■ **Stored dataset items**:

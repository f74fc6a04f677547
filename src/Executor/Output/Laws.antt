-- ===== src/Executor/Output/Laws.antt =====
-- The frames that `exec_run_pipe` of src/executor.c makes of the child's output.
use adb_termux_bridge.Base.{
  ℕ, zero, suc, ◌+◌, ◌-◌, ◌≤◌, ◌<◌, ◌≡◌, refl, sym, ap, ◌∙◌, subst, inl, inr, Bool, true, false,
  Option, none, some, List, [], ◌∷◌, ◌++◌, append-nil, append_assoc, arith, ◌==◌, if◌then◌else◌,
  lt→ltb, Bool-cases, Option-cases, length, take, length-append, length-take, take_all, Bytes,
  codes, NoNul, c_str-NoNul, Without, cut_at, cut_at-Without,
}
use adb_termux_bridge.Chunk.{crlf, size_line, stream_prefix}
use adb_termux_bridge.Chunk.Laws.{chunk_text}
use adb_termux_bridge.Executor.Output.{
  OutBuf, sse_buf_size, sse_buf_len, line_text, put_line, store_line, sse_lines, sse_output,
}

-- The lines of a text, the last one without a newline behind it.
abbrev add_front : ℕ → List Bytes → List Bytes
add_front c [] = (c ∷ []) ∷ []
add_front c (l ∷ ls) = (c ∷ l) ∷ ls

abbrev pub lines : Bytes → List Bytes
lines [] = [] ∷ []
lines (c ∷ cs) = if c == b'\n' then [] ∷ lines cs else add_front c (lines cs)

-- The event of one line.
abbrev pub line_event : Bool → Bytes → Bytes
line_event is_err line = codes "data: " ++ (stream_prefix is_err ++ (line ++ codes "\n\n"))

-- One chunk with one event for a line that is not empty.
abbrev pub line_chunk : Bool → Bytes → Bytes
line_chunk is_err [] = []
line_chunk is_err (c ∷ cs) = chunk_text (line_event is_err (c ∷ cs))

abbrev pub chunks : Bool → List Bytes → Bytes
chunks is_err [] = []
chunks is_err (l ∷ ls) = line_chunk is_err l ++ chunks is_err ls

abbrev from_cut : Bytes × Option Bytes → List Bytes
from_cut r = elim r.1 [ none ↦ r.0 ∷ [] | some rest ↦ r.0 ∷ lines rest ]

lines-cut_at : (s : Bytes) → lines s ≡ from_cut (cut_at b'\n' s)
unfolding cut_at
lines-cut_at [] = refl
lines-cut_at (c ∷ s) = elim (Bool-cases (c == b'\n')) [
  | inl e ↦ rw e refl
  | inr e ↦ rw (e, lines-cut_at s) (go (cut_at b'\n' s))
]
  where
    go : (r : Bytes × Option Bytes) → add_front c (from_cut r) ≡ from_cut (c ∷ r.0, r.1)
    go (front, none) = refl
    go (front, some rest) = refl

-- The size in front of a line is the length of its event.
length-line_event :
    (is_err : Bool) (line : Bytes)
    → length (line_event is_err line) ≡ 6 + (if is_err then 9 else 0) + length line + 2
unfolding stream_prefix
length-line_event true line = omega (arith, length-append line (codes "\n\n"))
length-line_event false line = omega (arith, length-append line (codes "\n\n"))

line_text-chunk_text :
    (is_err : Bool) (line : Bytes) → line_text is_err line ≡ chunk_text (line_event is_err line)
unfolding line_text stream_prefix
line_text-chunk_text true line =
    ap (λ n. size_line n ++ (codes "data: " ++ (stream_prefix true ++ (line ++ codes "\n\n\r\n"))))
      (sym (length-line_event true line))
    ∙ ap
        (λ t.
          size_line (length (line_event true line)) ++ (codes "data: " ++ (codes "[STDERR] " ++ t)))
        (sym (append_assoc line (codes "\n\n") crlf))
line_text-chunk_text false line =
    ap (λ n. size_line n ++ (codes "data: " ++ (stream_prefix false ++ (line ++ codes "\n\n\r\n"))))
      (sym (length-line_event false line))
    ∙ ap (λ t. size_line (length (line_event false line)) ++ (codes "data: " ++ t))
        (sym (append_assoc line (codes "\n\n") crlf))

cut_at-shorter : (s rest : Bytes) → (cut_at b'\n' s).1 ≡ some rest → length rest < length s
unfolding cut_at
cut_at-shorter [] rest h = cc
cut_at-shorter (c ∷ s) rest h = elim (Bool-cases (c == b'\n')) [
  | inl e ↦ let same : s ≡ rest = some_inj s rest (rw e at h) in rw⁻¹ same (omega arith)
  | inr e ↦ omega (arith, cut_at-shorter s rest (rw e at h))
]
  where
    some_inj : (a b : Bytes) → some a ≡ some b → a ≡ b
    some_inj a b h = cc

stored_lem :
    (is_err : Bool) (line : Bytes) (o : OutBuf)
    → o.missing ≡ 0
    → length o.bytes + length (line_chunk is_err line) < sse_buf_size
    → (let t = store_line is_err line o in
        (t.bytes ≡ o.bytes ++ line_chunk is_err line) × (t.missing ≡ 0))
unfolding put_line
stored_lem is_err [] o z h = (sym (append-nil o.bytes), z)
stored_lem is_err (c ∷ cs) o z h =
    let e = line_text-chunk_text is_err (c ∷ cs) in
    let len = ap length e in
    (
      ap (λ t. o.bytes ++ t)
          (take_all (sse_buf_size - sse_buf_len o - 1) (line_text is_err (c ∷ cs))
              (omega (arith, len))
            ∙ e),
      omega (arith, len),
    )

sse_lines_lem :
    (fuel : ℕ) (is_err : Bool) (text : Bytes) (o : OutBuf)
    → length text < fuel
    → o.missing ≡ 0
    → length o.bytes + length (chunks is_err (lines text)) < sse_buf_size - 512
    → (let t = sse_lines fuel is_err text o in
        (t.bytes ≡ o.bytes ++ chunks is_err (lines text)) × (t.missing ≡ 0))
unfolding sse_lines
sse_lines_lem zero is_err text o le z fits = absurd (omega arith)
sse_lines_lem (suc fuel) is_err text o le z fits =
    let line = (cut_at b'\n' text).0 in
    let go_on = lt→ltb (sse_buf_len o) (sse_buf_size - 512) (omega arith) in
    elim (Option-cases (cut_at b'\n' text).1) [
      | inl e ↦
          let split : lines text ≡ line ∷ [] = lines-cut_at text ∙ rw (e, from_cut) refl in
          let len = ap (λ ls. length (chunks is_err ls)) split in
          let here =
            stored_lem is_err line o z
              (omega (arith, len, length-append (line_chunk is_err line) [])) in
          rw (go_on, sse_lines)
            (rw (e, sse_lines)
              (
                here.0
                    ∙ ap (λ t. o.bytes ++ t)
                        (sym (append-nil (line_chunk is_err line))
                          ∙ ap (chunks is_err) (sym split)),
                here.1,
              ))
      | inr (rest, e) ↦
          let split : lines text ≡ line ∷ lines rest = lines-cut_at text ∙ rw (e, from_cut) refl in
          let len = ap (λ ls. length (chunks is_err ls)) split in
          let len' = length-append (line_chunk is_err line) (chunks is_err (lines rest)) in
          let here = stored_lem is_err line o z (omega (arith, len, len')) in
          let len'' = length-append o.bytes (line_chunk is_err line) in
          let later =
            sse_lines_lem fuel is_err rest (store_line is_err line o)
              (omega (arith, cut_at-shorter text rest e)) here.1
              (rw here.0 (omega (arith, len, len', len''))) in
          rw (go_on, sse_lines)
            (rw (e, sse_lines)
              (
                later.0
                    ∙ ap (λ t. t ++ chunks is_err (lines rest)) here.0
                    ∙ append_assoc o.bytes (line_chunk is_err line) (chunks is_err (lines rest))
                    ∙ ap (λ ls. o.bytes ++ chunks is_err ls) (sym split),
                later.1,
              ))
    ]

-- In SSE mode a read with no NUL whose events leave more than 512 bytes of the buffer free adds one
-- chunk for each line that is not empty, in order, and each chunk's size is right.
pub sse_output_lem :
    (is_err : Bool) (data' : Bytes) (o : OutBuf)
    → NoNul data'
    → o.missing ≡ 0
    → length o.bytes + length (chunks is_err (lines data')) < sse_buf_size - 512
    → (let t = sse_output is_err data' o in
        (t.bytes ≡ o.bytes ++ chunks is_err (lines data')) × (t.missing ≡ 0))
unfolding sse_output
sse_output_lem is_err data' o h z fits =
    rw (c_str-NoNul data' h)
      (sse_lines_lem (suc (length data')) is_err data' o (omega arith) z fits)

-- `sse_buf_len` counts the whole text of a line, stored or not.
sse_buf_len-put_line :
    (is_err : Bool) (line : Bytes) (o : OutBuf)
    → sse_buf_len (put_line is_err line o) ≡ sse_buf_len o + length (line_text is_err line)
unfolding put_line
sse_buf_len-put_line is_err line o =
    let room = sse_buf_size - sse_buf_len o - 1 in
    let text = line_text is_err line in
    omega (arith, length-append o.bytes (take room text), length-take room text)

length-line_text : (is_err : Bool) (line : Bytes) → length line < length (line_text is_err line)
unfolding line_text stream_prefix
length-line_text true line =
    let event = codes "data: " ++ (codes "[STDERR] " ++ (line ++ codes "\n\n\r\n")) in
    omega (
      arith,
      length-append (size_line (6 + 9 + length line + 2)) event,
      length-append line (codes "\n\n\r\n"),
    )
length-line_text false line =
    let event = codes "data: " ++ (line ++ codes "\n\n\r\n") in
    omega (
      arith,
      length-append (size_line (6 + 0 + length line + 2)) event,
      length-append line (codes "\n\n\r\n"),
    )

-- A line that is longer than what is left of the buffer makes `sse_buf_len` count bytes that were
-- never stored: it passes the buffer's size.
pub sse_output_overrun :
    (is_err : Bool) (c : ℕ) (line : Bytes) (o : OutBuf)
    → NoNul (c ∷ line)
    → Without b'\n' (c ∷ line)
    → sse_buf_len o < sse_buf_size - 512
    → sse_buf_size ≤ sse_buf_len o + length (c ∷ line)
    → sse_buf_size < sse_buf_len (sse_output is_err (c ∷ line) o)
unfolding sse_output sse_lines
sse_output_overrun is_err c line o no_nul no_newline some_room long =
    let go_on = lt→ltb (sse_buf_len o) (sse_buf_size - 512) some_room in
    let cut = cut_at-Without b'\n' (c ∷ line) no_newline in
    rw (c_str-NoNul (c ∷ line) no_nul) (
      rw (go_on, sse_lines)
        (rw (cut, sse_lines)
          (subst (λ r. sse_buf_size < sse_buf_len (store_line is_err r.0 o)) (sym cut)
            (omega (
              arith,
              sse_buf_len-put_line is_err (c ∷ line) o,
              length-line_text is_err (c ∷ line),
            )))))
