-- ===== src/Executor/Stream.antt =====
-- `exec_run_stream` of src/executor.c and `handle_exec_stream` of src/handler.c: the output of a
-- command is passed on while it runs.
pub mod Events
use adb_termux_bridge.Base.{
  ℕ, zero, suc, ◌+◌, ◌-◌, ◌*◌, ◌/◌, ◌%◌, ◌^◌, ◌≤◌, ◌<◌, min, ◌≡◌, refl, sym, ap, ◌∙◌, subst, ◌≢◌,
  ◌↔◌, ◌⊎◌, inl, inr, Bool, true, false, not, ◌&&◌, ◌||◌, Option, none, some, List, [], ◌∷◌, ◌++◌,
  map, append-nil, append_assoc, arith, ltb, leb, ◌==◌, if◌then◌else◌, ltb→lt, lt→ltb, not-lt→ltb,
  ltb-false→le, ==_iff, ==_refl, Bool-cases, Option-cases, All, length, take, drop, concat,
  length-append, length-take, length-drop, take-append-drop, take_all, concat-append, All-append,
  All-take, All-drop, ℤ, pos, negsuc, neg, is_pos, is_neg, pos_part, int_eq, int_eq→eq, int_eq_refl,
  Bytes, codes, bytes_eq, bytes_eq_iff, bytes_eq_refl, starts_with, starts_with-append, strstr,
  skip_spaces, NoNul, c_str, c_str-NoNul, digit_char, digit_value, digit_value-digit_char,
  print_base, read_digits, is_space, skip_isspace, long_max, clamp_long, skip_hex_prefix,
  strtol_signed, strtol, print_int, EndsNumber, minus, All-imp, print_base-Without,
  length-print_base, strtol-print_base, print_base-cons, Absent, strstr-append, Without,
}
use adb_termux_bridge.Chunk.{send_chunked_headers, send_chunk, send_chunk_final, stream_callback}
use adb_termux_bridge.Chunk.Laws.{chunk_text, wire-send_chunk, Framed, stream_callback_frames}
use adb_termux_bridge.Executor.Capture.{Status, exited, signalled}
use adb_termux_bridge.Ssl.{Ssl, Conn, send, wire, wire-send}

-- What `waitpid(pid, &wstatus, WNOHANG)` answers.
pub data Waited : Type 0 where
  still_running wait_failed : Waited
  reaped : Status → Waited

-- What one round meets: `poll` fails; or what `read` stored from standard output and from standard
-- error, empty where the pipe has no POLLIN or `read` is not positive, and what `waitpid` would
-- answer.
pub data Round : Type 0 where
  poll_failed : Round
  polled : Bytes → Bytes → Waited → Round

-- -1 for a status that is neither does not occur here.
unfoldable pub exit_status : Status → ℤ
exit_status (exited code) = pos code
exit_status (signalled sig) = neg sig

-- The result of the callback, and the state that it works on.
module _ {S : Type 0} (fn : Bytes → Bool → S → S × ℕ) where
  -- One of the two pipes: nothing is passed on for an empty read. The flag says whether the callback
  -- asked to stop.
  unfoldable pub pass_on : Bytes → Bool → S → S × Bool
  pass_on [] is_err st = (st, false)
  pass_on (b ∷ bs) is_err st = ((fn (b ∷ bs) is_err st).0, not ((fn (b ∷ bs) is_err st).1 == 0))

  unfoldable pub after_wait : Waited → Option ℤ
  unfolding exit_status
  after_wait still_running = none
  after_wait wait_failed = some (negsuc 0)
  after_wait (reaped status) = some (exit_status status)

  abbrev pub has_data : Bytes → Bytes → Bool
  has_data [] [] = false
  has_data _ _ = true

  -- The loop; `none` for the code while it is still running when the rounds are used up. A round
  -- that passed on data does not look at the child.
  unfoldable pub stream_rounds : List Round → S → S × Option ℤ
  unfolding pass_on after_wait
  stream_rounds [] st = (st, none)
  stream_rounds (poll_failed ∷ rounds) st = (st, some (negsuc 0))
  stream_rounds (polled out err waited ∷ rounds) st =
      let first = pass_on out false st in
      let second = pass_on err true first.0 in
      elim first.1 [
        | true ↦ (first.0, some (negsuc 0))
        | false ↦ elim second.1 [
          | true ↦ (second.0, some (negsuc 0))
          | false ↦ elim (has_data out err) [
            | true ↦ stream_rounds rounds second.0
            | false ↦ elim (after_wait waited) [
              | some code ↦ (second.0, some code)
              | none ↦ stream_rounds rounds second.0
            ]
          ]
        ]
      ]

  -- Whether the pipes and the child could be made, and the rounds.
  unfoldable pub exec_run_stream : Bool → List Round → S → S × Option ℤ
  unfolding stream_rounds
  exec_run_stream started rounds st =
      if started then stream_rounds rounds st else (st, some (negsuc 0))

-- `"data: {\"event\":\"exit\",\"exit_code\":%d}\n\n"`
unfoldable pub exit_event : ℤ → Bytes
exit_event code =
    codes "data: {\"event\":\"exit\",\"exit_code\":" ++ (print_int code ++ codes "}\n\n")

module _ (ssl : Ssl) where
  open ssl use {Session}

  unfoldable pub finish_stream : ℤ → Conn Session → Conn Session
  unfolding exit_event
  finish_stream code c = send_chunk_final ssl (send_chunk ssl (exit_event code) c)

  -- `handle_exec_stream` from `send_chunked_headers` on; the flag says whether it has returned.
  unfoldable pub stream_command : Bool → List Round → Conn Session → Conn Session × Bool
  unfolding exec_run_stream finish_stream
  stream_command started rounds c =
      let o = exec_run_stream (stream_callback ssl) started rounds (send_chunked_headers ssl c) in
      elim o.1 [ some code ↦ (finish_stream code o.0, true) | none ↦ (o.0, false) ]
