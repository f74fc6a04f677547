-- ===== src/Executor/Pipe.antt =====
-- `exec_run_pipe` of src/executor.c behind `fork`: the loop that moves the request body into the
-- child and the child's output to the client, and what follows it.
pub mod RawRound
pub mod RawFlow
pub mod Input
pub mod Delivery
use adb_termux_bridge.Base.{
  ℕ, zero, suc, ◌+◌, ◌-◌, ◌*◌, ◌/◌, ◌%◌, ◌^◌, ◌≤◌, ◌<◌, min, ◌≡◌, refl, sym, ap, ◌∙◌, subst, ◌≢◌,
  ◌↔◌, ◌⊎◌, inl, inr, Bool, true, false, not, ◌&&◌, ◌||◌, Option, none, some, List, [], ◌∷◌, ◌++◌,
  map, append-nil, append_assoc, arith, ltb, leb, ◌==◌, if◌then◌else◌, ltb→lt, lt→ltb, not-lt→ltb,
  ltb-false→le, ==_iff, ==_refl, Bool-cases, Option-cases, All, length, take, drop, concat,
  length-append, length-take, length-drop, take-append-drop, take_all, concat-append, All-append,
  All-take, All-drop, ℤ, pos, negsuc, neg, is_pos, is_neg, pos_part, int_eq, int_eq→eq, int_eq_refl,
  Bytes, codes, bytes_eq, bytes_eq_iff, bytes_eq_refl, starts_with, starts_with-append, strstr,
  skip_spaces, NoNul, c_str, c_str-NoNul, digit_char, digit_value, digit_value-digit_char,
  print_base, read_digits, is_space, skip_isspace, long_max, clamp_long, skip_hex_prefix,
  strtol_signed, strtol, print_int, EndsNumber, minus, All-imp, print_base-Without,
  length-print_base, strtol-print_base, print_base-cons, Absent, strstr-append, Without, cut_at,
  cut_at-Without,
}
use adb_termux_bridge.Chunk.{send_chunk, send_chunk_final}
use adb_termux_bridge.Executor.BodyReader.{Reader, new_reader, br_step, stdin_buf_size}
use adb_termux_bridge.Executor.Capture.{Status}
use adb_termux_bridge.Executor.Output.{OutBuf, no_output, sse_buf_len, store_output}
use adb_termux_bridge.Executor.Stream.{exit_status, exit_event}
use adb_termux_bridge.Ssl.{Ssl, Conn, Outcome, done, want_read, want_write, failed, send}

pub data Polled : Type 0 where
  poll_failed interrupted poll_ready : Polled

-- `write` to the child: a positive count, nothing for now, or an error.
pub data Wrote : Type 0 where
  wrote : ℕ → Wrote
  again broken : Wrote

-- What the system calls of one round answer. The flags are `revents`: of the connection, of the
-- child's input. For an output pipe there is none without POLLIN or POLLHUP, else what `read` stored,
-- empty where it is not positive.
pub record Answers : Type 0 where
  pub poll : Polled
  pub ssl_in : Bool
  pub ssl_out : Bool
  pub stdin_out : Bool
  pub write : Wrote
  pub stdout_in : Option Bytes
  pub stderr_in : Option Bytes
  pub waited : Option Status
  -- the blocking `waitpid` when nothing is left to poll
  pub awaited : Option Status

-- The variables of the loop. `child_input` is what the child was given, `accepted` what SSL_write
-- took.
pub record Loop (Session : Type 0) : Type 0 where
  pub reader : Reader
  pub session : Session
  pub accepted : Bytes
  pub out : OutBuf
  pub child_input : Bytes
  pub stdin_closed : Bool
  pub stdout_done : Bool
  pub stderr_done : Bool
  pub child_exited : Bool
  pub exit_code : ℤ

-- How a round ends: with the next one, behind the loop, or behind it with `ssl_error`.
pub data Next (Session : Type 0) : Type 0 where
  go_on leave ssl_failed : Loop Session → Next Session

-- `beyond n`: the `n` bytes that stand in memory behind what was stored in `sse_buf`.
module _ (ssl : Ssl) (beyond : ℕ → Bytes) (raw : Bool) where
  open ssl use {Session, ssl_write, ssl_pending}

  unfoldable pub start_loop : Bool → ℤ → Session → Loop Session
  unfolding new_reader
  start_loop chunked content_length s =
      let r = new_reader chunked content_length in
      record {
        reader = r;
        session = s;
        accepted = [];
        out = no_output;
        child_input = [];
        stdin_closed = r.body_eof;
        stdout_done = false;
        stderr_done = false;
        child_exited = false;
        exit_code = negsuc 0;
      }

  -- The condition of the loop but for `ssl_error`.
  unfoldable pub running : Loop Session → Bool
  running l =
      not l.child_exited
      || (not l.stdin_closed
          || (not l.stdout_done || (not l.stderr_done || ltb 0 (sse_buf_len l.out))))

  abbrev pub has_pending : Loop Session → Bool
  has_pending l = ltb 0 (ssl_pending l.session)

  -- Which descriptors are polled.
  unfoldable pub polls_ssl : Loop Session → Bool
  polls_ssl l =
      (not l.reader.body_eof && ltb (length l.reader.stdin_buf) stdin_buf_size)
      || (ltb 0 (sse_buf_len l.out)
          || (l.reader.want_read || (l.reader.want_write || has_pending l)))

  unfoldable pub polls_stdin : Loop Session → Bool
  polls_stdin l = not l.stdin_closed && ltb 0 (length l.reader.stdin_buf)

  unfoldable pub read_block : Answers → Loop Session → Loop Session
  unfolding polls_ssl
  read_block a l =
      let o = br_step ssl l.reader l.session in
      if polls_ssl l && (a.ssl_in || has_pending l)
      then record l { reader = o.0; session = o.1 }
      else l

  -- What is handed to SSL_write: `sse_buf_len` bytes.
  abbrev pub pending_output : OutBuf → Bytes
  pending_output o = o.bytes ++ beyond o.missing

  unfoldable pub after_write : Outcome ℕ → Session → Loop Session → Next Session
  after_write (done n) s l = go_on (record l {
    session = s;
    accepted = l.accepted ++ take n (pending_output l.out);
    out = record { bytes = drop n (pending_output l.out); missing = 0 };
    reader = record (l.reader) { want_write = false };
  })
  after_write want_write s l =
      go_on (record l { session = s; reader = record (l.reader) { want_write = true } })
  after_write want_read s l = ssl_failed (record l { session = s })
  after_write failed s l = ssl_failed (record l { session = s })

  -- The flag says whether the connection was polled.
  unfoldable pub write_block : Bool → Answers → Loop Session → Next Session
  unfolding after_write
  write_block polled a l =
      let o = ssl_write l.session (pending_output l.out) in
      if polled && (a.ssl_out && ltb 0 (sse_buf_len l.out)) then after_write o.0 o.1 l else go_on l

  unfoldable pub after_stdin : Wrote → Loop Session → Loop Session
  after_stdin (wrote n) l = record l {
    child_input = l.child_input ++ take n l.reader.stdin_buf;
    reader = record (l.reader) { stdin_buf = drop n l.reader.stdin_buf };
  }
  after_stdin again l = l
  after_stdin broken l = record l { stdin_closed = true }

  -- The flag says whether the child's input was polled.
  unfoldable pub stdin_block : Bool → Answers → Loop Session → Loop Session
  unfolding after_stdin polls_stdin
  stdin_block polled a l =
      if polls_stdin l && (polled && a.stdin_out) then after_stdin a.write l else l

  -- One output pipe: its flag, and what the round found on it.
  unfoldable pub output_block : Bool → Option Bytes → Loop Session → Loop Session
  output_block is_err none l = l
  output_block is_err (some []) l =
      if is_err then record l { stderr_done = true } else record l { stdout_done = true }
  output_block is_err (some (b ∷ bs)) l = record l { out = store_output raw is_err (b ∷ bs) l.out }

  unfoldable pub close_block : Loop Session → Loop Session
  close_block l =
      if l.reader.body_eof && (length l.reader.stdin_buf == 0 && not l.stdin_closed)
      then record l { stdin_closed = true }
      else l

  unfoldable pub wait_block : Option Status → Loop Session → Loop Session
  wait_block none l = l
  wait_block (some status) l =
      if l.child_exited then l else record l { child_exited = true; exit_code = exit_status status }

  -- From the write to the child on.
  unfoldable pub second_half : Bool → Answers → Loop Session → Loop Session
  unfolding stdin_block output_block close_block wait_block
  second_half stdin_polled a l =
      let fed = stdin_block stdin_polled a l in
      let out = if l.stdout_done then fed else output_block false a.stdout_in fed in
      let err = if l.stderr_done then out else output_block true a.stderr_in out in
      wait_block a.waited (close_block err)

  unfoldable pub after_poll : Answers → Loop Session → Next Session
  unfolding read_block write_block second_half
  after_poll a l = elim (write_block (polls_ssl l) a (read_block a l)) [
    | go_on t ↦ go_on (second_half (polls_stdin l) a t)
    | leave t ↦ leave t
    | ssl_failed t ↦ ssl_failed t
  ]

  -- One round.
  unfoldable pub round : Answers → Loop Session → Next Session
  unfolding after_poll
  round a l =
      if polls_ssl l || (polls_stdin l || (not l.stdout_done || not l.stderr_done))
      then elim a.poll as (λ _. Next Session) [
        | poll_failed ↦ leave l
        | interrupted ↦ go_on l
        | poll_ready ↦ after_poll a l
      ]
      else leave (wait_block a.awaited l)

  -- The loop: its state behind it and `ssl_error`; `none` if the rounds are used up.
  unfoldable pub pipe_loop : List Answers → Loop Session → Option (Loop Session × Bool)
  unfolding running round
  pipe_loop [] l = if running l then none else some (l, false)
  pipe_loop (a ∷ rest) l = elim (running l) [
    | false ↦ some (l, false)
    | true ↦ elim (round a l) [
      | go_on t ↦ pipe_loop rest t
      | leave t ↦ some (t, false)
      | ssl_failed t ↦ some (t, true)
    ]
  ]

  -- The exit code; a child that is still there is killed and has none.
  unfoldable pub final_code : Loop Session → ℤ
  final_code l = if l.child_exited then l.exit_code else negsuc 0

  -- The flush and the termination.
  unfoldable pub finish : Loop Session × Bool → Conn Session × ℤ
  unfolding final_code
  finish (l, ssl_error) =
      let at : Conn Session = record { session = l.session; sent = l.accepted ∷ [] } in
      let flushed = if ltb 0 (sse_buf_len l.out) then send ssl (pending_output l.out) at else at in
      let event = if raw then flushed else send_chunk ssl (exit_event (final_code l)) flushed in
      (if ssl_error then at else send_chunk_final ssl event, final_code l)

  -- `exec_run_pipe`: the pipes and the child could be made or not, then the loop and what follows.
  unfoldable pub exec_run_pipe :
      Bool → Bool → ℤ → List Answers → Session → Option (Conn Session × ℤ)
  unfolding start_loop pipe_loop finish
  exec_run_pipe started chunked content_length answers s =
      if started
      then elim (pipe_loop answers (start_loop chunked content_length s)) [
        | some o ↦ some (finish o)
        | none ↦ none
      ]
      else some (record { session = s; sent = [] }, negsuc 0)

■ **Your objective**:
Starting with the line with "stream_command started rounds" above and going on through the line with "-- What the", transcribe every line exactly, both ends included, and add nothing.

■ **Answer to this exercise**:
  stream_command started rounds c =
      let o = exec_run_stream (stream_callback ssl) started rounds (send_chunked_headers ssl c) in
      elim o.1 [ some code ↦ (finish_stream code o.0, true) | none ↦ (o.0, false) ]
repository f74fc6a04f677547
-- ===== src/Executor/Pipe.antt =====
-- `exec_run_pipe` of src/executor.c behind `fork`: the loop that moves the request body into the
-- child and the child's output to the client, and what follows it.
pub mod RawRound
pub mod RawFlow
pub mod Input
pub mod Delivery
use adb_termux_bridge.Base.{
  ℕ, zero, suc, ◌+◌, ◌-◌, ◌*◌, ◌/◌, ◌%◌, ◌^◌, ◌≤◌, ◌<◌, min, ◌≡◌, refl, sym, ap, ◌∙◌, subst, ◌≢◌,
  ◌↔◌, ◌⊎◌, inl, inr, Bool, true, false, not, ◌&&◌, ◌||◌, Option, none, some, List, [], ◌∷◌, ◌++◌,
  map, append-nil, append_assoc, arith, ltb, leb, ◌==◌, if◌then◌else◌, ltb→lt, lt→ltb, not-lt→ltb,
  ltb-false→le, ==_iff, ==_refl, Bool-cases, Option-cases, All, length, take, drop, concat,
  length-append, length-take, length-drop, take-append-drop, take_all, concat-append, All-append,
  All-take, All-drop, ℤ, pos, negsuc, neg, is_pos, is_neg, pos_part, int_eq, int_eq→eq, int_eq_refl,
  Bytes, codes, bytes_eq, bytes_eq_iff, bytes_eq_refl, starts_with, starts_with-append, strstr,
  skip_spaces, NoNul, c_str, c_str-NoNul, digit_char, digit_value, digit_value-digit_char,
  print_base, read_digits, is_space, skip_isspace, long_max, clamp_long, skip_hex_prefix,
  strtol_signed, strtol, print_int, EndsNumber, minus, All-imp, print_base-Without,
  length-print_base, strtol-print_base, print_base-cons, Absent, strstr-append, Without, cut_at,
  cut_at-Without,
}
use adb_termux_bridge.Chunk.{send_chunk, send_chunk_final}
use adb_termux_bridge.Executor.BodyReader.{Reader, new_reader, br_step, stdin_buf_size}
use adb_termux_bridge.Executor.Capture.{Status}
use adb_termux_bridge.Executor.Output.{OutBuf, no_output, sse_buf_len, store_output}
use adb_termux_bridge.Executor.Stream.{exit_status, exit_event}
use adb_termux_bridge.Ssl.{Ssl, Conn, Outcome, done, want_read, want_write, failed, send}

pub data Polled : Type 0 where
  poll_failed interrupted poll_ready : Polled

-- `write` to the child: a positive count, nothing for now, or an error.
pub data Wrote : Type 0 where
  wrote : ℕ → Wrote
  again broken : Wrote

-- What the system calls of one round answer. The flags are `revents`: of the connection, of the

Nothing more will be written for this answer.